クローラ式フォークリフトでは、不整地でのパレチゼーションを可能にする。小型のものが多く、最大荷重は2000kg前後が多い。クローラの足回りは超信地旋回が可能なため、小回りが最も利く。太陽光発電所の建設や、農業でのパレット運搬に用いられるほか、屋外展示場のブース設営などにも使用される。不整地での荷役作業が可能なため、南極・昭和基地などにも配備されている。

カウンターバランス式フォークリフト前輪がトリプルタイヤのトップリフター

後部にカウンターウエイトを備える一般的な形状のフォークリフト。エンジンまたはバッテリーは車体中央部か運転士座席の下に搭載したものが一般的である。積載量は0.5 t - 40 tクラスまで存在する。トランスミッションマニュアル式またはトルコン式が選択可能。世界第2位の生産台数を誇るLinde MHはハイドロ・スタティク・トランスミッション (HST) を採用しているものもある。基本的に4輪(タイヤ4本)であるが、小型の機種では後輪を1個とした3輪タイプもある。横幅が広い荷物を扱う場合、荷物を高く持ち上げる場合など、左右安定度で許容荷重が制限される用途では前輪をダブルタイヤとして左右安定度を確保し、許容荷重を増加させている。また、特に横幅が広く、高積みが行われるISO(海上)コンテナを扱う車両には前輪トリプルタイヤのものもある。

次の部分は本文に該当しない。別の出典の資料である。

-- ===== src/SessionLock/Frames.antt =====
-- crates/session-lock/src/lib.rs: frames, refreshes, inputs, and the `Presentation` trait. Widths,
-- heights and offsets are `u32`, pixels are bytes.
use genkan.Prelude.{
  ℕ, ◌+◌, ◌*◌, ◌^◌, Bool, ◌&&◌, ◌||◌, Option, none, some, List, Text, ltb, ◌==◌, if◌then◌else◌,
  length, ◌>>=◌,
}

-- `u32::checked_mul` and `u32::checked_add`.
abbrev pub checked_mul : ℕ → ℕ → Option ℕ
checked_mul a b = if ltb (a * b) (2 ^ 32) then some (a * b) else none

abbrev pub checked_add : ℕ → ℕ → Option ℕ
checked_add a b = if ltb (a + b) (2 ^ 32) then some (a + b) else none

pub record RgbaFrame : Type 0 where
  pub width : ℕ
  pub height : ℕ
  pub pixels : List ℕ

-- `RgbaFrame::new`.
unfoldable pub rgba_frame : ℕ → ℕ → List ℕ → Option RgbaFrame
rgba_frame width height pixels = do
  area ← checked_mul width height
  expected ← checked_mul area 4
  if ltb 0 width && ltb 0 height && length pixels == expected
      then some (record { width = width; height = height; pixels = pixels })
      else none

pub record PresentationFrame : Type 0 where
  pub width : ℕ
  pub height : ℕ
  pub background : Option RgbaFrame
  pub overlay : RgbaFrame
  pub overlay_x : ℕ
  pub overlay_y : ℕ

-- `checked_add(..)? > limit`: `none` where the sum overflows.
abbrev exceeds : ℕ → ℕ → ℕ → Option Bool
exceeds a b limit = checked_add a b >>= λ sum. some (ltb limit sum)

-- `PresentationFrame::new`. The second sum is made only if the first one fits.
unfoldable pub presentation_frame :
    ℕ → ℕ → Option RgbaFrame → RgbaFrame → ℕ → ℕ → Option PresentationFrame
presentation_frame width height background overlay overlay_x overlay_y =
    let made : PresentationFrame = record {
      width = width;
      height = height;
      background = background;
      overlay = overlay;
      overlay_x = overlay_x;
      overlay_y = overlay_y;
    } in
    if width == 0 || height == 0
    then none
    else exceeds overlay_x overlay.width width >>= λ too_wide.
        if too_wide
        then none
        else exceeds overlay_y overlay.height height >>= λ too_high.
            if too_high then none else some made

pub data Refresh : Type 0 where
  unchanged frame overlay failed : Refresh

pub data Input : Type 0 where
  text : Text → Input
  backspace submit cancel next_page : Input

-- `trait Presentation`: what the lock runtime asks of whoever draws and authenticates.
pub record Presentation : Type 1 where
  pub State : Type 0
  pub receive_latest : State → Refresh × State
  pub receive_deferred : State → Refresh × State
  pub frame : State → Option PresentationFrame
  pub lock_confirmed : State → State
  pub input : State → Input → Bool × State
  pub take_authorization : State → Bool × State
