-- ===== src/SessionLock/Lifecycle.antt =====
-- crates/session-lock/src/lib.rs: the lifecycle of the lock. The events that exist under
-- `cfg(test)` only are left out.
use genkan.Prelude.{ℕ, Bool, true, false, Text}

pub record Identity : Type 0 where
  pub uid : ℕ
  pub username : Text
  pub display_name : Text

pub data Lifecycle : Type 0 where
  requesting locked denied aborted unlocking : Lifecycle

pub data Event : Type 0 where
  lock_confirmed lock_finished runtime_failed presentation_failed : Event

pub data Action : Type 0 where
  none report_ready abort unlock_and_synchronize : Action

pub record State : Type 0 where
  pub identity : Identity
  pub lifecycle : Lifecycle
  pub presentation_failed : Bool

unfoldable pub new : Identity → State
new identity = record { identity = identity; lifecycle = requesting; presentation_failed = false }

-- The `match` of `update`, on the event and the lifecycle.
dispatch : Event → Lifecycle → State → State × Action
dispatch lock_confirmed requesting s = (record s { lifecycle = locked }, report_ready)
dispatch lock_finished requesting s = (record s { lifecycle = denied }, abort)
dispatch lock_finished _ s = (record s { lifecycle = aborted }, abort)
dispatch runtime_failed _ s = (record s { lifecycle = aborted }, abort)
dispatch presentation_failed _ s = (record s { presentation_failed = true }, none)
dispatch lock_confirmed _ s = (s, none)

unfoldable pub update : State → Event → State × Action
unfolding dispatch
update s e = dispatch e s.lifecycle s

abbrev is_locked : Lifecycle → Bool
is_locked locked = true
is_locked _ = false

-- The match stands in a helper on the lifecycle.
authorize : Lifecycle → State → State × Action
authorize locked s = (record s { lifecycle = unlocking }, unlock_and_synchronize)
authorize _ s = (s, none)

unfoldable pub authorize_unlock : State → State × Action
unfolding authorize
authorize_unlock s = authorize s.lifecycle s
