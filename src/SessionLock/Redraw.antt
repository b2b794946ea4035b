-- ===== src/SessionLock/Redraw.antt =====
-- crates/session-lock/src/runtime.rs: when a surface is redrawn, and how much of it.
pub mod Scheduling
use genkan.Prelude.{
  ℕ, Bool, true, false, ◌&&◌, ◌||◌, not, Option, some, List, [], ◌∷◌, ltb, ◌==◌, if◌then◌else◌,
  is_some, or_else, ◌^◌,
}
use genkan.SessionLock.Frames.{Refresh}

pub data RedrawKind : Type 0 where
  overlay full : RedrawKind

pub data OverlayProgress : Type 0 where
  none partial full blocked : OverlayProgress

pub record RedrawState : Type 0 where
  pub frame_pending : Bool
  pub redraw_pending : Option RedrawKind
  pub geometry_pending : Bool
  pub role_pending : Bool

abbrev pub default_redraw : RedrawState
default_redraw = record {
  frame_pending = false;
  redraw_pending = Option.none;
  geometry_pending = false;
  role_pending = false;
}

abbrev pub buffer_count : ℕ
buffer_count = 2

abbrev pub is_full : Option RedrawKind → Bool
is_full (some RedrawKind.full) = true
is_full _ = false

abbrev pub is_overlay : Option RedrawKind → Bool
is_overlay (some RedrawKind.overlay) = true
is_overlay _ = false

unfoldable pub redraw_can_progress : ℕ → Bool → Bool
redraw_can_progress current_buffer_count reusable =
    reusable || ltb current_buffer_count buffer_count

-- The methods of `RedrawState`.
unfoldable pub request : RedrawKind → RedrawState → RedrawState × Bool
request kind r = (
  if not (is_full r.redraw_pending) then record r { redraw_pending = some kind } else r,
  not r.frame_pending,
)

unfoldable pub request_geometry : RedrawState → RedrawState
request_geometry r = record r { redraw_pending = some RedrawKind.full; geometry_pending = true }

unfoldable pub request_role_change : RedrawState → RedrawState
request_role_change r = record r {
  redraw_pending = some RedrawKind.full;
  geometry_pending = true;
  role_pending = true;
}

unfoldable pub request_media : RedrawState → RedrawState × Bool
unfolding request
request_media r = if is_overlay r.redraw_pending then (r, false) else request RedrawKind.full r

unfoldable pub should_render : RedrawState → ℕ → Bool → Bool
unfolding redraw_can_progress
should_render r current_buffer_count reusable =
    is_some r.redraw_pending
    && (r.geometry_pending
        || (not r.frame_pending && redraw_can_progress current_buffer_count reusable))

unfoldable pub request_frame_callback : RedrawState → Bool
request_frame_callback r = not r.frame_pending

unfoldable pub committed : Bool → RedrawState → RedrawState
committed requested_frame_callback r = record {
  frame_pending = r.frame_pending || requested_frame_callback;
  redraw_pending = Option.none;
  geometry_pending = false;
  role_pending = false;
}

unfoldable pub frame_done : RedrawState → RedrawState
frame_done r = record r { frame_pending = false }

-- The last part of `overlay_progress`, for a pending overlay.
pending_overlay : RedrawState → ℕ → Bool → Bool → OverlayProgress
unfolding should_render
pending_overlay redraw count reusable current_background_reusable =
    if not (should_render redraw count reusable)
    then OverlayProgress.blocked
    else if redraw.geometry_pending || not current_background_reusable
    then OverlayProgress.full
    else OverlayProgress.partial

pending_full : RedrawState → ℕ → Bool → Bool → OverlayProgress
unfolding should_render
pending_full redraw count reusable include_pending_full =
    if include_pending_full
    then if should_render redraw count reusable
      then OverlayProgress.full
      else OverlayProgress.blocked
    else OverlayProgress.none

progress_of : Option RedrawKind → RedrawState → ℕ → Bool → Bool → Bool → OverlayProgress
unfolding pending_overlay pending_full
progress_of (some RedrawKind.overlay) r count reusable current include =
    pending_overlay r count reusable current
progress_of (some RedrawKind.full) r count reusable current include =
    pending_full r count reusable include
progress_of Option.none r count reusable current include = OverlayProgress.none

unfoldable pub overlay_progress : RedrawState → ℕ → Bool → Bool → Bool → OverlayProgress
unfolding progress_of
overlay_progress redraw count reusable current_background_reusable include_pending_full =
    progress_of redraw.redraw_pending redraw count reusable current_background_reusable
      include_pending_full

pub record OverlayProgressSummary : Type 0 where
  pub partial : Bool
  pub full : Bool
  pub blocked : Bool
  pub unblocked : Bool

abbrev pub default_summary : OverlayProgressSummary
default_summary = record { partial = false; full = false; blocked = false; unblocked = false }

-- What one surface adds to the summary.
unfoldable pub summarize : OverlayProgress → OverlayProgressSummary → OverlayProgressSummary
summarize OverlayProgress.none s = record s { unblocked = true }
summarize OverlayProgress.partial s = record s { unblocked = true; partial = true }
summarize OverlayProgress.full s = record s { unblocked = true; full = true }
summarize OverlayProgress.blocked s = record s { blocked = true }

unfoldable pub should_poll_deferred : Refresh → OverlayProgressSummary → Bool
should_poll_deferred Refresh.unchanged p =
    if p.blocked then p.unblocked else not p.partial || p.full
should_poll_deferred Refresh.overlay p = p.full || (p.blocked && p.unblocked)
should_poll_deferred Refresh.frame p = false
should_poll_deferred Refresh.failed p = false

unfoldable pub should_allow_overlay_full : Bool → OverlayProgressSummary → Bool
should_allow_overlay_full poll_deferred p = poll_deferred || p.full

-- The first reusable buffer, as an index and the generation of its background.
first_index : List (ℕ × ℕ) → Option ℕ
first_index [] = Option.none
first_index (x ∷ xs) = some x.0

find_generation : ℕ → List (ℕ × ℕ) → Option ℕ
find_generation g [] = Option.none
find_generation g ((i, generation) ∷ xs) =
    let rest = find_generation g xs in if generation == g then some i else rest

unfoldable pub select_reusable_buffer : RedrawKind → ℕ → List (ℕ × ℕ) → Option ℕ
unfolding first_index find_generation
select_reusable_buffer RedrawKind.overlay background_generation reusable =
    or_else (find_generation background_generation reusable) (first_index reusable)
select_reusable_buffer RedrawKind.full background_generation reusable = first_index reusable
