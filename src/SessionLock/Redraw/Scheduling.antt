-- ===== src/SessionLock/Redraw/Scheduling.antt =====
-- The redraw scheduler of crates/session-lock/src/runtime.rs: requests are coalesced and not lost,
-- and a pass over the surfaces classifies each of them.
use genkan.Prelude.{
  ℕ, Bool, true, false, Option, some, List, [], ◌∷◌, ◌≡◌, refl, ◌↔◌, arith, is_some, All, ◌≢◌,
}
use genkan.SessionLock.Redraw.{
  RedrawKind, OverlayProgress, RedrawState, default_redraw, request, request_geometry,
  request_role_change, request_media, should_render, committed, frame_done, overlay_progress,
  request_frame_callback,
}

-- Every call that changes a surface's redraw state.
pub data Op : Type 0 where
  requested : RedrawKind → Op
  geometry role media done : Op
  commits : Op

abbrev pub step : RedrawState → Op → RedrawState
step r (requested k) = (request k r).0
step r geometry = request_geometry r
step r role = request_role_change r
step r media = (request_media r).0
step r done = frame_done r
step r commits = committed (request_frame_callback r) r

abbrev pub run : RedrawState → List Op → RedrawState
run r [] = r
run r (o ∷ os) = run (step r o) os

-- A geometry change is a pending full repaint, and a role change is a geometry change.
pub record IsConsistent (r : RedrawState) : Type 0 where
  pub geometry_full : r.geometry_pending ≡ true → r.redraw_pending ≡ some RedrawKind.full
  pub role_geometry : r.role_pending ≡ true → r.geometry_pending ≡ true

step-IsConsistent : (r : RedrawState) (o : Op) → IsConsistent r → IsConsistent (step r o)
unfolding request request_geometry request_role_change request_media committed frame_done
step-IsConsistent r o h = ground arith

run-IsConsistent_of : (r : RedrawState) (os : List Op) → IsConsistent r → IsConsistent (run r os)
run-IsConsistent_of r [] h = h
run-IsConsistent_of r (o ∷ os) h = run-IsConsistent_of (step r o) os (step-IsConsistent r o h)

-- In every redraw state that a new surface can reach, a pending geometry change is a pending full
-- repaint, and a pending role change is a pending geometry change.
pub run-IsConsistent : (os : List Op) → IsConsistent (run (request_geometry default_redraw) os)
unfolding request_geometry
run-IsConsistent os = run-IsConsistent_of _ os (ground arith)

full_step :
    (r : RedrawState) (o : Op)
    → o ≢ commits
    → r.redraw_pending ≡ some RedrawKind.full
    → (step r o).redraw_pending ≡ some RedrawKind.full
unfolding request request_geometry request_role_change request_media frame_done
full_step r (requested k) n h = ground arith
full_step r geometry n h = refl
full_step r role n h = refl
full_step r media n h = ground arith
full_step r done n h = h
full_step r commits n h = absurd (n refl)

-- A pending full repaint is neither dropped nor weakened by later requests: it stays until a
-- commit.
pub full_persists :
    (r : RedrawState) (os : List Op)
    → All (λ o. o ≢ commits) os
    → r.redraw_pending ≡ some RedrawKind.full
    → (run r os).redraw_pending ≡ some RedrawKind.full
full_persists r [] n h = h
full_persists r (o ∷ os) n h = full_persists (step r o) os n.1 (full_step r o n.0 h)

-- What a surface may do in a pass, by its redraw state and its buffers.
pub record IsClassified (r : RedrawState) (ready current : Bool) (p : OverlayProgress)
    : Type 0 where
  pub idle : (p ≡ OverlayProgress.none) ↔ (r.redraw_pending ≡ Option.none)
  pub stuck : (p ≡ OverlayProgress.blocked) ↔ ((is_some r.redraw_pending ≡ true) × (ready ≡ false))
  pub cheap : (p ≡ OverlayProgress.partial) ↔ (
      (r.redraw_pending ≡ some RedrawKind.overlay)
      × (ready ≡ true)
      × (r.geometry_pending ≡ false)
      × (current ≡ true))

-- With pending full repaints included, `overlay_progress` is `none` exactly when nothing is
-- pending, `blocked` exactly when something is pending that cannot be rendered yet, and `partial`
-- exactly when an overlay alone is pending, it can be rendered, no geometry change is pending, and
-- a reusable buffer shows the current background.
pub overlay_progress-IsClassified :
    (r : RedrawState) (count : ℕ) (reusable current : Bool)
    → IsClassified r
        (should_render r count reusable)
        current
        (overlay_progress r count reusable current true)
unfolding overlay_progress
overlay_progress-IsClassified r count reusable current = ground arith
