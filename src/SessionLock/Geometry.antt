-- ===== src/SessionLock/Geometry.antt =====
-- crates/session-lock/src/runtime.rs: buffer sizes and the regions that are drawn. All quantities
-- are `u32` unless the source widens them to `u128`, which none of the products here exceeds.
use genkan.Prelude.{
  ℕ, ◌+◌, ◌-◌, ◌*◌, ◌/◌, ◌%◌, ◌^◌, min, max, Bool, ◌&&◌, ◌||◌, Option, none, some, ltb, leb, ◌==◌,
  if◌then◌else◌, ◌>>=◌,
}
use genkan.SessionLock.Frames.{PresentationFrame, checked_mul}
use genkan.SessionLock.Redraw.{RedrawKind}

abbrev pub max_surface_dimension : ℕ
max_surface_dimension = 16384

pub data SizeError : Type 0 where
  overflow empty exceeds_limit : SizeError

pub data SizeResult : Type 0 where
  ok : ℕ → ℕ → SizeResult
  err : SizeError → SizeResult

checked_size : Option ℕ → Option ℕ → SizeResult
checked_size none h = err overflow
checked_size (some w) none = err overflow
checked_size (some w) (some h) =
    if w == 0 || h == 0
    then err empty
    else if ltb max_surface_dimension w || ltb max_surface_dimension h
    then err exceeds_limit
    else ok w h

unfoldable pub buffer_size : ℕ → ℕ → ℕ → SizeResult
unfolding checked_size
buffer_size width height scale = checked_size (checked_mul width scale) (checked_mul height scale)

-- `aligned_buffer_capacity`, for a 64-bit `usize`.
unfoldable pub aligned_buffer_capacity : ℕ → Option ℕ
aligned_buffer_capacity bytes =
    if ltb (bytes + 63) (2 ^ 64) then some ((bytes + 63) / 64 * 64) else none

pub record Region : Type 0 where
  pub x : ℕ
  pub y : ℕ
  pub width : ℕ
  pub height : ℕ

abbrev pub full_region : ℕ → ℕ → Region
full_region width height = record { x = 0; y = 0; width = width; height = height }

pub record FrameGeometry : Type 0 where
  pub canvas : ℕ × ℕ
  pub overlay : Region

geometry_of : PresentationFrame → FrameGeometry
geometry_of frame = record {
  canvas = (frame.width, frame.height);
  overlay = record {
    x = frame.overlay_x;
    y = frame.overlay_y;
    width = frame.overlay.width;
    height = frame.overlay.height;
  };
}

unfoldable pub frame_geometry : Option PresentationFrame → Option FrameGeometry
unfolding geometry_of
frame_geometry none = none
frame_geometry (some frame) = some (geometry_of frame)

-- The derived `PartialEq`.
unfoldable pub region_eq : Region → Region → Bool
region_eq a b = a.x == b.x && (a.y == b.y && (a.width == b.width && a.height == b.height))

same_geometry : Option FrameGeometry → Option FrameGeometry → Bool
unfolding region_eq
same_geometry none none = Bool.true
same_geometry none (some b) = Bool.false
same_geometry (some a) none = Bool.false
same_geometry (some a) (some b) =
    a.canvas.0 == b.canvas.0 && (a.canvas.1 == b.canvas.1 && region_eq a.overlay b.overlay)

unfoldable pub overlay_redraw_kind : Option FrameGeometry → Option FrameGeometry → RedrawKind
unfolding same_geometry
overlay_redraw_kind previous current =
    if same_geometry previous current then RedrawKind.overlay else RedrawKind.full

-- `u32::saturating_add`.
abbrev saturating_add : ℕ → ℕ → ℕ
saturating_add a b = min (a + b) (2 ^ 32 - 1)

unfoldable pub intersect : Region → Region → Option Region
intersect first second =
    let left = max first.x second.x in
    let top = max first.y second.y in
    let right = min (saturating_add first.x first.width) (saturating_add second.x second.width) in
    let bottom =
      min (saturating_add first.y first.height) (saturating_add second.y second.height) in
    if ltb left right && ltb top bottom
    then some (record { x = left; y = top; width = right - left; height = bottom - top })
    else none

-- `u32::try_from(..).ok()`.
abbrev to_u32 : ℕ → Option ℕ
to_u32 n = if ltb n (2 ^ 32) then some n else none

unfoldable pub div_ceil : ℕ → ℕ → Option ℕ
div_ceil numerator denominator =
    if denominator == 0 then none else to_u32 ((numerator + (denominator - 1)) / denominator)

-- Addition of `u32` wraps.
abbrev add_u32 : ℕ → ℕ → ℕ
add_u32 a b = (a + b) % 2 ^ 32

-- The part of the buffer that the presentation's canvas covers.
unfoldable pub canvas_size : ℕ → ℕ → ℕ → ℕ → Option (ℕ × ℕ)
canvas_size source_width source_height width height =
    if leb (width * source_height) (source_width * height)
    then (to_u32 (source_height * width / source_width) >>= λ h. some (width, h))
    else to_u32 (source_width * height / source_height) >>= λ w. some (w, height)

-- The overlay's place inside a canvas.
unfoldable pub place_overlay : PresentationFrame → ℕ → ℕ → ℕ × ℕ → Option Region
unfolding div_ceil
place_overlay frame width height (canvas_width, canvas_height) =
    let canvas_x = (width - canvas_width) / 2 in
    let canvas_y = (height - canvas_height) / 2 in
    do
      left ← to_u32 (frame.overlay_x * canvas_width / frame.width)
      top ← to_u32 (frame.overlay_y * canvas_height / frame.height)
      right ← div_ceil (add_u32 frame.overlay_x frame.overlay.width * canvas_width) frame.width
      bottom ← div_ceil (add_u32 frame.overlay_y frame.overlay.height * canvas_height) frame.height
      some (record {
        x = add_u32 canvas_x left;
        y = add_u32 canvas_y top;
        width = add_u32 canvas_x right - add_u32 canvas_x left;
        height = add_u32 canvas_y bottom - add_u32 canvas_y top;
      })

place_nonempty : PresentationFrame → ℕ → ℕ → ℕ × ℕ → Option Region
unfolding place_overlay
place_nonempty frame width height (w, h) =
    if w == 0 || h == 0 then none else place_overlay frame width height (w, h)

-- `overlay_geometry`: where the overlay is drawn in a buffer of the given size.
unfoldable pub overlay_geometry : PresentationFrame → ℕ → ℕ → Option Region
unfolding canvas_size place_nonempty
overlay_geometry frame width height =
    if frame.width == 0 || (frame.height == 0 || (width == 0 || height == 0))
    then none
    else canvas_size frame.width frame.height width height >>= place_nonempty frame width height

overlay_region : Option PresentationFrame → ℕ → ℕ → Option Region
unfolding overlay_geometry
overlay_region frame width height = frame >>= λ f. overlay_geometry f width height

or_full : Option Region → ℕ → ℕ → Region
or_full none width height = full_region width height
or_full (some r) width height = r

is_overlay_kind : RedrawKind → Bool
is_overlay_kind RedrawKind.overlay = Bool.true
is_overlay_kind RedrawKind.full = Bool.false

-- What a redraw damages.
unfoldable pub redraw_region : RedrawKind → ℕ → ℕ → Option PresentationFrame → ℕ → ℕ → Region
unfolding or_full overlay_region is_overlay_kind
redraw_region kind rendered_background current_background frame width height =
    if is_overlay_kind kind && rendered_background == current_background
    then or_full (overlay_region frame width height) width height
    else full_region width height

-- `cover_geometry`: the crop and the scaled size of a background that covers a surface.
pub record Cover : Type 0 where
  pub crop_x : ℕ
  pub crop_y : ℕ
  pub scaled_width : ℕ
  pub scaled_height : ℕ

cover_of : ℕ → ℕ → ℕ → ℕ → Cover
cover_of width height scaled_width scaled_height = record {
  crop_x = (scaled_width - width) / 2;
  crop_y = (scaled_height - height) / 2;
  scaled_width = scaled_width;
  scaled_height = scaled_height;
}

unfoldable pub cover_geometry : ℕ → ℕ → ℕ → ℕ → Option Cover
unfolding cover_of
cover_geometry source_width source_height width height =
    if source_width == 0 || (source_height == 0 || (width == 0 || height == 0))
    then none
    else if ltb (width * source_height) (source_width * height)
    then some (cover_of width height (source_width * height / source_height) height)
    else some (cover_of width height width (source_height * width / source_width))

unfoldable pub source_coordinate : ℕ → ℕ → ℕ → ℕ → ℕ
source_coordinate position crop scaled source =
    min ((position + crop) * source / scaled) (source - 1)

-- One channel of `blend_rgb`, and `dim`.
unfoldable pub blend_channel : ℕ → ℕ → ℕ → ℕ
blend_channel background foreground alpha =
    (foreground * alpha + background * (255 - alpha)) / 255 % 256

unfoldable pub dim : ℕ → ℕ
dim value = value * 4 / 5 % 256
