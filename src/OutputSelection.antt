-- ===== src/OutputSelection.antt =====
-- crates/output-selection/src/lib.rs: the connector that presents authentication.
-- A connector name is the list of its code points.
pub mod Choice
pub mod Order
use genkan.Prelude.{
  Bool, Option, none, some, List, [], ◌∷◌, Text, codes, text_eq, text_ltb, not, if◌then◌else◌,
  or_else,
}

abbrev pub internal_fallback : Text
internal_fallback = codes "eDP-1"

abbrev pub has_name : Text → Option Text → Bool
has_name n none = Bool.false
has_name n (some m) = text_eq m n

module _ {ℓ} {A : Type ℓ} where
  -- `outputs.iter().find(|(_, name)| name == Some(n))`
  pub find_named : Text → List (A × Option Text) → Option A
  find_named n [] = none
  find_named n ((a, name) ∷ rest) =
      let r = find_named n rest in if has_name n name then some a else r

  -- The `filter_map`: named outputs other than the internal panel.
  pub externals : List (A × Option Text) → List (Text × A)
  externals [] = []
  externals ((a, none) ∷ rest) = externals rest
  externals ((a, some n) ∷ rest) =
      let r = externals rest in if not (text_eq n internal_fallback) then (n, a) ∷ r else r

  -- `min_by_key` keeps the first of equal minima.
  pub min_from : Text × A → List (Text × A) → Text × A
  min_from best [] = best
  min_from best (x ∷ rest) = min_from (if text_ltb x.0 best.0 then x else best) rest

  pub min_by_key : List (Text × A) → Option A
  unfolding min_from
  min_by_key [] = none
  min_by_key (x ∷ rest) = some (min_from x rest).1

  pub first : List (A × Option Text) → Option A
  first [] = none
  first (x ∷ rest) = some x.0

  pub default_output : List (A × Option Text) → Option A
  unfolding find_named externals min_by_key first
  default_output outputs =
      or_else (or_else (min_by_key (externals outputs)) (find_named internal_fallback outputs))
        (first outputs)

  pub by_request : List (A × Option Text) → Option Text → Option A
  unfolding find_named
  by_request outputs none = none
  by_request outputs (some r) = find_named r outputs

  unfoldable pub select : List (A × Option Text) → Option Text → Option A
  unfolding by_request default_output
  select outputs requested = or_else (by_request outputs requested) (default_output outputs)
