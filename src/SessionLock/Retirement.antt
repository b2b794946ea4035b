-- ===== src/SessionLock/Retirement.antt =====
-- crates/session-lock/src/runtime.rs: how authentication leaves one output for another. An
-- `Instant` is a number of milliseconds.
use genkan.Prelude.{
  ℕ, suc, ◌+◌, Bool, true, false, ◌&&◌, Option, none, some, List, [], ◌∷◌, Text, leb, if◌then◌else◌,
  position, or_else, get_elem?,
}
use genkan.OutputSelection.{select}

abbrev pub authentication_retirement_timeout : ℕ
authentication_retirement_timeout = 1000

pub data AuthenticationRetirement : Type 0 where
  awaiting_commit awaiting_presentation : ℕ → AuthenticationRetirement

unfoldable pub begin : ℕ → AuthenticationRetirement
begin now = awaiting_commit (now + authentication_retirement_timeout)

unfoldable pub retirement_committed : AuthenticationRetirement → AuthenticationRetirement
retirement_committed (awaiting_commit deadline) = awaiting_presentation deadline
retirement_committed (awaiting_presentation deadline) = awaiting_presentation deadline

unfoldable pub retirement_discarded : AuthenticationRetirement → AuthenticationRetirement
retirement_discarded (awaiting_commit deadline) = awaiting_commit deadline
retirement_discarded (awaiting_presentation deadline) = awaiting_commit deadline

unfoldable pub accepts_presentation : AuthenticationRetirement → Bool
accepts_presentation (awaiting_commit deadline) = false
accepts_presentation (awaiting_presentation deadline) = true

unfoldable pub expired : AuthenticationRetirement → ℕ → Bool
expired (awaiting_commit deadline) now = leb deadline now
expired (awaiting_presentation deadline) now = leb deadline now

-- A surface as the selection sees it.
pub record Candidate : Type 0 where
  pub name : Option Text
  pub configured : Bool
  pub authentication : Bool

-- `enumerate().map(|(index, (name, _, _))| (index, *name))`
pub enumerate_names : ℕ → List Candidate → List (ℕ × Option Text)
enumerate_names i [] = []
enumerate_names i (c ∷ cs) = (i, c.name) ∷ enumerate_names (suc i) cs

-- The same behind `filter(|(_, (_, configured, _))| *configured)`.
pub enumerate_configured : ℕ → List Candidate → List (ℕ × Option Text)
enumerate_configured i [] = []
enumerate_configured i (c ∷ cs) =
    let rest = enumerate_configured (suc i) cs in if c.configured then (i, c.name) ∷ rest else rest

abbrev pub is_configured_at : List Candidate → Option ℕ → Bool
is_configured_at cs none = false
is_configured_at cs (some i) = elim (get_elem? cs i) [ none ↦ false | some c ↦ c.configured ]

pub fallback_index : List Candidate → Option Text → Option ℕ
unfolding enumerate_configured
fallback_index outputs requested =
    or_else (position (λ c. c.configured && c.authentication) outputs)
      (select (enumerate_configured 0 outputs) requested)

unfoldable pub select_authentication_index : List Candidate → Option Text → Option ℕ
unfolding enumerate_names fallback_index
select_authentication_index outputs requested =
    let desired = select (enumerate_names 0 outputs) requested in
    if is_configured_at outputs desired then desired else fallback_index outputs requested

カウンターバランス式の長所は、リーチ式より転倒安定度と車体強度が高いうえに走行速度やフォークの上昇速度が速く、安全性と作業効率が高いことが上げられる。また、リーチ式よりも高揚程かつ大荷重のものを製造可能である。反面、リーチ形のフォークリフトに比べて車体寸法が大きいので回転半径が大きく狭所作業性が劣る面がある。
リーチリフト

マストが前後に移動(リーチイン・リーチアウト)できることを大きな特徴とする、フォークリフトの種類の1つである。最小回転半径が小さく、倉庫内など狭隘な作業場所において広く用いられている。国内では、最大積載荷重が0.5 t - 3 tクラスが販売されている。カウンターバランス式と違い、基本的には立ち乗りであるが、なかには座って操作する製品も存在する(海外では座って運転するモデルが主流で座乗式ともいわれる)。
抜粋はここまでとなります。